Hydrogeochemical and sediment parameters improve predication accuracy of arsenic-prone groundwater in random forest machine-learning models

Sci Total Environ. 2023 Nov 1:897:165511. doi: 10.1016/j.scitotenv.2023.165511. Epub 2023 Jul 12.

Abstract

The relative importance of groundwater geochemicals and sediment characteristics in predicting groundwater arsenic distributions was rarely documented. To figure this out, we established a random forest machine-learning model to predict groundwater arsenic distributions in the Hetao Basin, China, by using 22 variables of climate, topographic features, soil properties, sediment characteristics, groundwater geochemicals, and hydraulic gradients of 492 groundwater samples.
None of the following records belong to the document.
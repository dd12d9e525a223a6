-- ===== src/Stream/Sound.antt =====
-- copy-trader-v1.6.63/src/grpc/subscriber.rs: what a detected trade says of its transaction.
use rust_solana_cc_v.Prelude.{
  ℕ, true, false, ◌≡◌, Option, none, some, List, [], ◌∷◌, Str, Pubkey, arith, Option-cases, inl,
  inr, sym,
}
use mathlib.Core.Path.{subst}
use rust_solana_cc_v.Groups.Manager.{member}
use rust_solana_cc_v.Stream.Types.{
  DetectedTrade, StatusMeta, Message, Transaction, Chain, token_program_text, token_2022_program,
}
use rust_solana_cc_v.Stream.Instructions.{detect_pumpfun_token_program}
use rust_solana_cc_v.Stream.Cpi.{
  returned, find_mint, bonding_curve_of, cpi_trade, try_detect_cpi_pumpfun,
}
use rust_solana_cc_v.Stream.Parse.{
  account_keys_of, find_source, first_trade, first_inner_trade, complete_trade, rounds,
  signature_text, parse_transaction,
}
use rust_solana_cc_v.Stream.Describes.{
  Describes, first_trade-Found, first_inner_trade-Found, complete_trade-Describes,
  cpi_trade-Describes,
}

find_source-member :
    (targets keys : List Pubkey) (w : Pubkey)
    → find_source targets keys ≡ some w
    → (member w targets ≡ true) × (member w keys ≡ true)
unfolding find_source
find_source-member targets [] w h = cc
find_source-member targets (k ∷ ks) w h = ground (arith, find_source-member targets ks w)

module _ {V : Type 0} (chain : Chain V) where
  rounds-Describes :
      (targets keys : List Pubkey) (signature : Str) (wallet : Pubkey) (t : ℕ) (message : Message)
      (meta : Option StatusMeta) (tx : Transaction) (trade : DetectedTrade)
      → rounds chain targets keys signature wallet t message meta tx ≡ returned (some trade)
      → Describes chain keys wallet t meta tx trade
  unfolding rounds try_detect_cpi_pumpfun
  rounds-Describes targets keys signature wallet t message none tx trade h =
      elim (Option-cases (first_trade chain targets keys signature wallet t message.instructions)) [
        | inr (found, e) ↦
            let completed = complete_trade chain found true message none tx keys in
            let same : completed ≡ trade = ground arith in
            subst (Describes chain keys wallet t none tx) same (
              complete_trade-Describes chain keys wallet t found message none tx (
                first_trade-Found chain targets keys signature wallet t message.instructions found
                  e))
        | inl e ↦ elim (Option-cases (find_mint chain targets keys keys)) [
          | inl none_found ↦ absurd (ground arith)
          | inr (mint, found) ↦
              let token_program =
                detect_pumpfun_token_program chain keys mint (bonding_curve_of chain mint)
                  (chain.from_str token_program_text) (chain.from_str token_2022_program) in
              let detected = cpi_trade chain keys signature wallet none tx t mint token_program in
              let same : detected ≡ trade = ground arith in
              subst (Describes chain keys wallet t none tx) same
                (cpi_trade-Describes chain keys signature wallet tx t mint token_program)
        ]
      ]
  rounds-Describes targets keys signature wallet t message (some m) tx trade h =
      elim (Option-cases (first_trade chain targets keys signature wallet t message.instructions)) [
        | inr (found, e) ↦
            let completed = complete_trade chain found false message (some m) tx keys in
            let same : completed ≡ trade = ground arith in
            subst (Describes chain keys wallet t (some m) tx) same (
              complete_trade-Describes chain keys wallet t found message (some m) tx (
                first_trade-Found chain targets keys signature wallet t message.instructions found
                  e))
        | inl e ↦
            elim (Option-cases
              (first_inner_trade chain targets keys signature wallet t m.inner_instructions)) [
                | inl none_found ↦ absurd (ground arith)
                | inr (found, inner) ↦
                    let completed = complete_trade chain found false message (some m) tx keys in
                    let same : completed ≡ trade = ground arith in
                    subst (Describes chain keys wallet t (some m) tx) same (
                      complete_trade-Describes chain keys wallet t found message (some m) tx (
                        first_inner_trade-Found chain targets keys signature wallet t
                          m.inner_instructions found inner))
              ]
      ]

  -- A detected trade is of a wallet that is a target and a key of the transaction. Its keys, kind, time
  -- and bytes are the transaction's; its program is Pump.fun; it is a trade before execution exactly if
  -- there is no meta, and failed exactly if the meta has an error; and a sale has no lamports.
  pub parse_transaction_sound :
      (targets : List Pubkey) (signature : List ℕ) (tx : Transaction) (message : Message)
      (meta : Option StatusMeta) (t : ℕ) (trade : DetectedTrade)
      → parse_transaction chain targets signature tx (some message) meta t ≡ returned (some trade)
      → (member trade.source_wallet targets ≡ true)
        × (member trade.source_wallet (account_keys_of message meta) ≡ true)
        × Describes chain (account_keys_of message meta) trade.source_wallet t meta tx trade
  unfolding parse_transaction
  parse_transaction_sound targets signature tx message meta t trade h =
      let keys = account_keys_of message meta in
      elim (Option-cases (find_source targets keys)) [
        | inl e ↦ absurd (ground arith)
        | inr (w, e) ↦
            let found = find_source-member targets keys w e in
            let d =
              rounds-Describes targets keys (signature_text chain signature) w t message meta tx
                trade (ground arith) in
            let same : w ≡ trade.source_wallet = sym d.wallet_is in
            subst
              (λ x.
                (member x targets ≡ true)
                × (member x keys ≡ true)
                × Describes chain keys x t meta tx trade)
              same (found.0, found.1, d)
      ]
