-- ===== src/Stream/Subscribe.antt =====
-- copy-trader-v1.6.63/src/grpc/subscriber.rs: the loop of `subscribe` on a connection. What the stream
-- delivers and the checks of the subscription are events; the trades go out through a channel.
use rust_solana_cc_v.Prelude.{
  ℕ, ◌+◌, Bool, ◌&&◌, Option, none, some, List, [], ◌∷◌, map, leb, if◌then◌else◌, length, Str,
  Pubkey,
}
use rust_solana_cc_v.Stream.Types.{DetectedTrade, StatusMeta, Transaction, Chain}
use rust_solana_cc_v.Stream.Wallets.{same_wallets, update_target_wallets}
use rust_solana_cc_v.Stream.Cpi.{returned, missing_message, panicked}
use rust_solana_cc_v.Stream.Parse.{parse_transaction}

-- `SubscribeUpdateTransactionInfo`
pub record TransactionInfo : Type 0 where
  pub signature : List ℕ
  pub transaction : Option Transaction
  pub meta : Option StatusMeta

-- An update comes at a time, with the channel open or closed; the notification, or the tick, that
-- compares the wallets sends its request with success or not.
pub data StreamEvent : Type 0 where
  transaction_update : Option TransactionInfo → ℕ → Bool → StreamEvent
  other_update : StreamEvent
  stream_error stream_end : StreamEvent
  check_subscription : Bool → StreamEvent
  wallets_changed : List Pubkey → StreamEvent

pub data StreamStatus : Type 0 where
  running finished failed crashed : StreamStatus

-- The locals of the loop, with the wallets, the trades sent and the requests sent; the last comes first.
-- The counters, which go to the log alone, are not bounded.
pub record Subscription : Type 0 where
  pub target_wallets : List Pubkey
  pub last_wallets : List Pubkey
  pub total_received : ℕ
  pub total_matched : ℕ
  pub sent : List DetectedTrade
  pub requests : List (List Str)
  pub status : StreamStatus

module _ {V : Type 0} (chain : Chain V) where
  open chain use {to_text}

  -- The wallets of a request; its other fields are fixed.
  unfoldable pub build_subscribe_request : List Pubkey → List Str
  build_subscribe_request target_wallets = map to_text target_wallets

  unfoldable pub start : List Pubkey → Subscription
  unfolding build_subscribe_request
  start initial_wallets = record {
    target_wallets = initial_wallets;
    last_wallets = initial_wallets;
    total_received = 0;
    total_matched = 0;
    sent = [];
    requests = build_subscribe_request initial_wallets ∷ [];
    status = running;
  }

  -- Are the texts as long as the slices that the line of the log takes? Of a trade without a mint it
  -- takes 6 characters of the signature, which 8 cover.
  unfoldable pub detected_slices_fit : DetectedTrade → Bool
  detected_slices_fit trade =
      leb 4 (length (to_text trade.source_wallet)) && leb 8 (length trade.signature)

  unfoldable pub send_trade : DetectedTrade → Bool → Subscription → Subscription
  unfolding detected_slices_fit
  send_trade trade channel_open s =
      let matched = record s { total_matched = s.total_matched + 1 } in
      if detected_slices_fit trade
      then (if channel_open
          then record matched { sent = trade ∷ s.sent }
          else record matched { status = finished })
      else record matched { status = crashed }

  unfoldable pub receive : TransactionInfo → ℕ → Bool → Subscription → Subscription
  unfolding send_trade
  receive info recv_time channel_open s = elim info.transaction [
    | none ↦ s
    | some tx ↦
        elim (parse_transaction chain s.target_wallets info.signature tx tx.message info.meta
          recv_time) [
            | missing_message ↦ s
            | panicked ↦ record s { status = crashed }
            | returned o ↦ elim o [ none ↦ s | some trade ↦ send_trade trade channel_open s ]
          ]
  ]

  unfoldable pub check_wallets : Bool → Subscription → Subscription
  unfolding build_subscribe_request
  check_wallets request_sent s =
      if same_wallets s.target_wallets s.last_wallets
      then s
      else (if request_sent
          then record s {
            last_wallets = s.target_wallets;
            requests = build_subscribe_request s.target_wallets ∷ s.requests;
          }
          else s)

  abbrev one_received : Subscription → Subscription
  one_received s = record s { total_received = s.total_received + 1 }

  unfoldable pub handle_event : StreamEvent → Subscription → Subscription
  unfolding receive check_wallets
  handle_event (transaction_update none t channel_open) s = one_received s
  handle_event (transaction_update (some info) t channel_open) s =
      receive info t channel_open (one_received s)
  handle_event other_update s = s
  handle_event stream_error s = record s { status = failed }
  handle_event stream_end s = record s { status = finished }
  handle_event (check_subscription request_sent) s = check_wallets request_sent s
  handle_event (wallets_changed wallets) s = record s {
    target_wallets = (update_target_wallets to_text wallets s.target_wallets).0;
  }

  -- The loop, until it has ended.
  unfoldable pub subscribe : List StreamEvent → Subscription → Subscription
  unfolding handle_event
  subscribe [] s = s
  subscribe (e ∷ es) s =
      let rest = subscribe es (handle_event e s) in
      elim s.status [ running ↦ rest | finished ↦ s | failed ↦ s | crashed ↦ s ]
The established model precisely captured the patchy distributions of groundwater arsenic concentrations in the basin with an AUC value of 0.84. Results suggest that Fe(II) was the most prominent variable in predicting groundwater arsenic concentrations, which supported that the enrichment of arsenic in groundwater was caused by the reductive dissolution of Fe(III) oxides. The high relative importance of SO42- indicated that sulfate reduction was also conducive to groundwater arsenic enrichment in inland basins. Nevertheless, parameters of climate variables, sediment characteristics, and soil properties showed secondly important roles in predicting groundwater arsenic concentrations. The other two models, which excluded parameters of groundwater geochemicals and/or sediment characteristics, showed much worse predictions than the model considering all variables. This highlights the importance of variables of groundwater geochemicals and sediment characteristics in improving the precision and accuracy of predicting results. Future studies should probe a method constructing the random forest predicting model with high precision based on the limited number of groundwater samples and sediment samples.

Keywords: Arsenic; Groundwater; Hetao Basin; Prediction; Random forest model.